Segment Open
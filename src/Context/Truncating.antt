-- ===== src/Context/Truncating.antt =====
-- How much of an output `truncate` shows.
use Prim.Native.Char.{Char}
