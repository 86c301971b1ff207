-- ===== src/Context/Stored.antt =====
-- The stored form of a summary.
use py_coding_agent.Prelude.{◌≡◌, refl, ap, String, some, List, [], ◌∷◌}
use py_coding_agent.Prelude.Int.{pos}
use py_coding_agent.Value.{Value, get_field}
use py_coding_agent.Context.Summary.{StructuredSummary}
use py_coding_agent.Context.Rendering.{summary_payload, summary_from_payload, texts, field_texts}
use py_coding_agent.Context.Compactor.{
  CompactionRecord, summary_record_of, compaction_record_from_store,
}

module _ (show : Value → String) where
  field_texts-texts : (l : List String) → field_texts show (some (texts l)) ≡ l
  field_texts-texts [] = refl
  field_texts-texts (x ∷ xs) = ap (λ l. x ∷ l) (field_texts-texts xs)

  summary_from_payload-summary_payload :
      (s : StructuredSummary) → summary_from_payload show (summary_payload s) ≡ s
  unfolding summary_from_payload summary_payload get_field
  summary_from_payload-summary_payload s = rw (field_texts-texts s.files_read) (
      rw (field_texts-texts s.files_modified) (
        rw (field_texts-texts s.commands_executed) (
          rw (field_texts-texts s.errors)
            (rw (field_texts-texts s.source_ids) (rw (field_texts-texts s.unknown_fields) refl)))))

  -- A compaction record that is stored and read back keeps its summary, its boundary and its version; the
  -- preserved ids come back empty and the token counts 0, since these are not stored.
  pub compaction_record_from_store-summary_record_of :
      (r : CompactionRecord)
      → compaction_record_from_store show (summary_record_of r)
        ≡ record r { preserved_ids = []; token_before = pos 0; token_after = pos 0 }
  unfolding compaction_record_from_store summary_record_of
  compaction_record_from_store-summary_record_of r =
      rw (summary_from_payload-summary_payload r.summary) refl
Segment Closed
What the exercise asks >> Exactly as they appear, print the lines from the one holding "(r : CompactionRecord)" through the final line of the entries, and no others.

Reply >>
      (r : CompactionRecord)
      → compaction_record_from_store show (summary_record_of r)
        ≡ record r { preserved_ids = []; token_before = pos 0; token_after = pos 0 }
  unfolding compaction_record_from_store summary_record_of
  compaction_record_from_store-summary_record_of r =
      rw (summary_from_payload-summary_payload r.summary) refl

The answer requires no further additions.